# Rick Carlisle signs four-year deal



## Basel (Mar 31, 2005)

> The lone championship coach in the Dallas Mavericks' 32-year history isn't going anywhere. Rick Carlisle has agreed to a four-year contract that will keep him in charge through at least the 2015-16 season.
> 
> "I'm very happy for the opportunity to return," Rick Carlisle said during an appearance on ESPN Dallas 103.3 FM's "Galloway & Co." "This wouldn't be possible without great players. Dirk Nowitzki, Jason Kidd, Jason Terry, (Shawn) Marion, all these guys made this possible, along with (owner) Mark (Cuban) and (president of basketball operations) Donnie (Nelson)."
> 
> ...


http://espn.go.com/dallas/nba/story/_/id/7933198/rick-carlisle-signs-new-deal-coach-dallas-mavericks


----------



## kbdullah (Jul 8, 2010)

Excellent...would've been hard to recruit free agents w/o a coach on board.


----------



## RollWithEm (Jul 16, 2002)

Excellent deal for both parties.
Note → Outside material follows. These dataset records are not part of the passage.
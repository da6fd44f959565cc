-- ===== src/EventSource/Tests.antt =====
-- Two pages of one event each of src/db/pg.rs.
use rust_bitcoin_indexer.Base.{◌≡◌, refl, none, some, Bool, List, [], ◌∷◌, arith, All}
use rust_bitcoin_indexer.Db.{find_block}
use rust_bitcoin_indexer.Store.Tests.{two_db, two_db-IsCoherent}
use rust_bitcoin_indexer.Store.Genuine.{IsFound}
use rust_bitcoin_indexer.EventSource.{Cursor, next}
use rust_bitcoin_indexer.Base.Outcome.{ok}
use rust_bitcoin_indexer.Types.{WithHeightAndId}
use rust_bitcoin_indexer.EventSource.Pages.{Ascending, event_id, read_pages, sum, read_pages_lem}
use rust_bitcoin_indexer.EventSource.Reader.{apply_all, read_pages-apply_all}

two_db-Ascending : Ascending event_id two_db.event
two_db-Ascending = ground arith

two_db-known : All (λ e. IsFound e.block_hash_id two_db.block) two_db.event
unfolding find_block
two_db-known = ((_, refl), ((_, refl), tt))

read_pages_lem_example :
    read_pages two_db (some 1) (1 ∷ 1 ∷ []) ≡ next two_db (some 1) (sum (1 ∷ 1 ∷ []))
read_pages_lem_example = read_pages_lem two_db (some 1) (1 ∷ 1 ∷ []) two_db-Ascending (omega arith)

read_pages-apply_all_example :
    (events : List (WithHeightAndId Bool)) × (last : Cursor) × (read_pages two_db none (1 ∷ 1 ∷ [])
      ≡ ok (events, last))
    × (apply_all events [] ≡ some (20 ∷ 10 ∷ []))
read_pages-apply_all_example =
    read_pages-apply_all two_db (20 ∷ 10 ∷ []) (1 ∷ 1 ∷ []) two_db-IsCoherent two_db-Ascending
      two_db-known (omega arith, (omega arith, tt)) (omega arith)
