-- ===== src/Prefetcher.antt =====
-- `Prefetcher` of src/node/prefetcher.rs: the iterator that hands out blocks in order and steps back
-- when the node has switched to another chain. The channel is the list of what the workers of the
-- running session send, in the order of arrival; an exhausted list means that `recv` waits for ever.
pub mod Window
pub mod Session
pub mod Chain
pub mod Tracking
pub mod Next
pub mod Progress
pub mod Order
pub mod Worker
pub mod Client
pub mod Rounds
pub mod Sends
pub mod Origin
pub mod Tests
pub mod WorkerTests
pub mod ClientTests
use rust_bitcoin_indexer.Base.{
  ℕ, zero, suc, ◌+◌, ◌-◌, ◌%◌, Bool, true, false, not, Option, none, some, List, [], ◌∷◌, ltb, leb,
  ◌==◌, if◌then◌else◌, length,
}
use rust_bitcoin_indexer.Base.Outcome.{
  Outcome, ok, panic, blocked, out_of_fuel, ◌>>=◌, ◌>>◌, assert,
}
use rust_bitcoin_indexer.BTreeMap.{BTreeMap, get, insert, remove, first, last}
use rust_bitcoin_indexer.Types.{
  BlockHeight, BlockHash, u32_size, WithHeightAndId, RpcBlockWithPrevId,
}

pub record Prefetcher (D : Type 0) : Type 0 where
  pub rx : Option (List (RpcBlockWithPrevId D))
  pub thread_joins : ℕ
  pub out_of_order_items : BTreeMap (RpcBlockWithPrevId D)
  pub cur_height : BlockHeight
  pub prev_hashes : BTreeMap BlockHash
  pub workers_finish : Bool
  pub thread_num : ℕ
  pub end_of_fast_sync : BlockHeight
  -- How many times workers were started: it tells apart what each session's workers send.
  pub sessions : ℕ

-- What the workers of a session send, by the session, the thread count and the start height.
abbrev pub Deliveries : Type 0 → Type 0
Deliveries D = ℕ → ℕ → BlockHeight → List (RpcBlockWithPrevId D)

abbrev pub window_size : ℕ
window_size = 1000

-- The height to start at and the hashes to start with.
unfoldable pub starting_point : Option (BlockHeight × BlockHash) → BlockHeight × BTreeMap BlockHash
starting_point none = (0, [])
starting_point (some (height, id)) = ((height + 1) % u32_size, (height, id) ∷ [])

module _ {D : Type 0} (workers : Deliveries D) where
  unfoldable pub start_workers : Prefetcher D → Outcome (Prefetcher D)
  start_workers p = do
    assert (p.thread_joins == 0)
    ok (record p {
      workers_finish = false;
      rx = some (workers p.sessions p.thread_num p.cur_height);
      thread_joins = p.thread_num;
      sessions = suc p.sessions;
    })

  -- `Prefetcher::new`, given the number of processors and the node's block count.
  unfoldable pub new : ℕ → BlockHeight → Option (BlockHeight × BlockHash) → Outcome (Prefetcher D)
  unfolding start_workers starting_point
  new cpus block_count last_block = start_workers (record {
    rx = none;
    thread_joins = 0;
    out_of_order_items = [];
    cur_height = (starting_point last_block).0;
    prev_hashes = (starting_point last_block).1;
    workers_finish = false;
    thread_num = cpus + cpus;
    end_of_fast_sync = block_count;
    sessions = 0;
  })

-- The workers' channel is read to its end, and what came in is dropped.
unfoldable pub stop_workers : {D : Type 0} → Prefetcher D → Outcome (Prefetcher D)
stop_workers p = elim p.rx [
  | none ↦ panic
  | some items ↦
      ok (record p { workers_finish = true; rx = none; thread_joins = 0; out_of_order_items = [] })
]

-- No hash is recorded for the height below: the first block, or a reorg that is too deep.
unfoldable pub without_prev_hash : BlockHeight → BTreeMap BlockHash → Outcome Bool
without_prev_hash cur_height prev_hashes = elim (first prev_hashes) [
  | none ↦ panic
  | some (min, _) ↦ if ltb cur_height min then panic else elim (last prev_hashes) [
    | none ↦ panic
    | some (max, _) ↦ if cur_height == max + 1 then ok false else panic
  ]
]

-- Whether the block's parent is another block than the one recorded below it.
unfoldable pub is_reorg : BlockHeight → BTreeMap BlockHash → BlockHash → Outcome Bool
unfolding without_prev_hash
is_reorg cur_height prev_hashes prev_block_id =
    if ltb 0 cur_height
    then elim (get (cur_height - 1) prev_hashes) [
      | some stored_prev_id ↦ ok (not (stored_prev_id == prev_block_id))
      | none ↦ without_prev_hash cur_height prev_hashes
    ]
    else ok false

-- The hash is recorded, and the one that leaves the window is dropped.
unfoldable pub record_hash : BlockHeight → BlockHash → BTreeMap BlockHash → BTreeMap BlockHash
record_hash cur_height id prev_hashes =
    let hashes = insert cur_height id prev_hashes in
    if leb window_size cur_height then remove (cur_height - window_size) hashes else hashes

module _ {D : Type 0} where
  unfoldable pub track_reorgs : Prefetcher D → RpcBlockWithPrevId D → Outcome (Bool × Prefetcher D)
  track_reorgs p item = do
    assert (item.block.height == p.cur_height)
    reorg ← is_reorg p.cur_height p.prev_hashes item.prev_block_id
    let hashes = record_hash p.cur_height item.block.id p.prev_hashes
    let kept = assert (leb (length hashes) window_size)
    if reorg then ok (true, p) else (kept >> ok (false, record p { prev_hashes = hashes }))

  -- The inner loop of `next`: what arrives early is kept for later.
  unfoldable pub receive :
      BlockHeight
      → List (RpcBlockWithPrevId D)
      → BTreeMap (RpcBlockWithPrevId D)
      → Outcome
          (RpcBlockWithPrevId D × List (RpcBlockWithPrevId D) × BTreeMap (RpcBlockWithPrevId D))
  receive cur_height [] early = blocked
  receive cur_height (item ∷ rest) early =
      let later = receive cur_height rest (insert item.block.height item early) in
      if item.block.height == cur_height
      then ok (item, rest, early)
      else if ltb cur_height item.block.height
      then later
      else panic

  -- The item at the current height, from what arrived early or from the channel.
  unfoldable pub take_item : Prefetcher D → Outcome (RpcBlockWithPrevId D × Prefetcher D)
  unfolding receive
  take_item p = elim (get p.cur_height p.out_of_order_items) [
    | some item ↦
        ok (item, record p { out_of_order_items = remove p.cur_height p.out_of_order_items })
    | none ↦ elim p.rx [
      | none ↦ panic
      | some items ↦ do
        (item, rest, early) ← receive p.cur_height items p.out_of_order_items
        ok (item, record p { rx = some rest; out_of_order_items = early })
    ]
  ]

module _ {D : Type 0} (workers : Deliveries D) where
  unfoldable pub reset_on_reorg : Prefetcher D → Outcome (Prefetcher D)
  unfolding stop_workers start_workers
  reset_on_reorg p = do
    stopped ← stop_workers p
    assert (ltb 0 stopped.cur_height)
    start_workers workers (record stopped { cur_height = stopped.cur_height - 1 })

  -- The loop `'retry_on_reorg`, a round for each unit of fuel.
  unfoldable pub next_block : ℕ → Prefetcher D → Outcome (WithHeightAndId D × Prefetcher D)
  next_block zero p = out_of_fuel
  next_block (suc fuel) p = do
    (item, taken) ← take_item p
    (reorg, tracked) ← track_reorgs taken item
    let again = reset_on_reorg tracked >>= next_block fuel
    let done = record tracked { cur_height = (tracked.cur_height + 1) % u32_size }
    if reorg then again else ok (item.block, done)

  -- At the end of the fast sync the workers are replaced by one.
  unfoldable pub end_fast_sync : Prefetcher D → Outcome (Prefetcher D)
  unfolding stop_workers start_workers
  end_fast_sync p =
      if p.end_of_fast_sync == p.cur_height
      then (do stopped ← stop_workers p; start_workers workers (record stopped { thread_num = 1 }))
      else ok p

  -- `Iterator::next`. Each retry lowers the height, so `cur_height + 1` rounds are enough.
  unfoldable pub next : Prefetcher D → Outcome (WithHeightAndId D × Prefetcher D)
  unfolding end_fast_sync next_block
  next p = do ready ← end_fast_sync p; next_block (suc ready.cur_height) ready
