-- ===== src/Fetcher.antt =====
-- `Fetcher` of src/node/fetcher.rs: the prefetcher's blocks up to a height.
pub mod Stops
pub mod Tests
use rust_bitcoin_indexer.Base.{
  ℕ, zero, suc, Bool, true, false, ◌||◌, Option, none, some, List, [], ◌∷◌, ltb, leb, if◌then◌else◌,
}
use rust_bitcoin_indexer.Base.Outcome.{Outcome, ok, ◌>>=◌}
use rust_bitcoin_indexer.Types.{BlockHeight, BlockHash, WithHeightAndId}
use rust_bitcoin_indexer.Prefetcher.{Prefetcher, Deliveries}
use rust_bitcoin_indexer.Prefetcher

pub record Fetcher (D : Type 0) : Type 0 where
  pub cached_node_block_count : Option ℕ
  pub prefetcher : Prefetcher D
  pub ended : Bool
  pub end : Option BlockHeight

module _ {D : Type 0} (workers : Deliveries D) where
  -- `Fetcher::new`, with what `Prefetcher::new` is given.
  unfoldable pub new :
      ℕ → BlockHeight → Option (BlockHeight × BlockHash) → Option BlockHeight → Outcome (Fetcher D)
  new cpus block_count start end = do
    prefetcher ← Prefetcher.new workers cpus block_count start
    ok (record {
      cached_node_block_count = none;
      prefetcher = prefetcher;
      ended = false;
      end = end;
    })

  abbrev or_zero : Option ℕ → ℕ
  or_zero none = 0
  or_zero (some n) = n

  -- What is decided on a block of a height. `block_count` is what the node answers in the end: a call
  -- that fails is made again.
  unfoldable pub decide : BlockHeight → BlockHeight → Fetcher D → Fetcher D
  decide block_count height f = elim f.end [
    | some end ↦ record f { ended = f.ended || leb end height }
    | none ↦
        if ltb (or_zero f.cached_node_block_count) height
        then record f {
          cached_node_block_count = some block_count;
          ended = f.ended || leb block_count height;
        }
        else f
  ]

  -- `Iterator::next`
  unfoldable pub next : BlockHeight → Fetcher D → Outcome (Option (WithHeightAndId D) × Fetcher D)
  unfolding decide
  next block_count f =
      let fetched = (do
        (item, prefetcher) ← Prefetcher.next workers f.prefetcher
        ok (some item, decide block_count item.height (record f { prefetcher = prefetcher }))) in
      if f.ended then ok (none, f) else fetched

  -- A block that was found goes before those of the later calls.
  abbrev pub push_found :
      Option (WithHeightAndId D)
      → Fetcher D
      → Outcome (List (WithHeightAndId D) × Fetcher D)
      → Outcome (List (WithHeightAndId D) × Fetcher D)
  push_found none f later = ok ([], f)
  push_found (some item) f later = do (items, g) ← later; ok (item ∷ items, g)

  -- The blocks of at most `n` calls, with the node's block count at each.
  unfoldable pub fetch :
      (ℕ → BlockHeight) → ℕ → Fetcher D → Outcome (List (WithHeightAndId D) × Fetcher D)
  unfolding next
  fetch counts zero f = ok ([], f)
  fetch counts (suc n) f = do (found, g) ← next (counts n) f; push_found found g (fetch counts n g)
Cuban and Carlisle are class acts.


----------



## kbdullah (Jul 8, 2010)

RollWithEm said:


> Cuban ... class act


Not something you hear everyday. He has been better over these past couple years though.


----------



## RollWithEm (Jul 16, 2002)

kbdullah said:


> Not something you hear everyday. He has been better over these past couple years though.


He changed his attitude and the team got more dedicated shortly thereafter. I don't think their window has closed. J Kidd retires, Deron Williams joins up, they will contend next season.


----------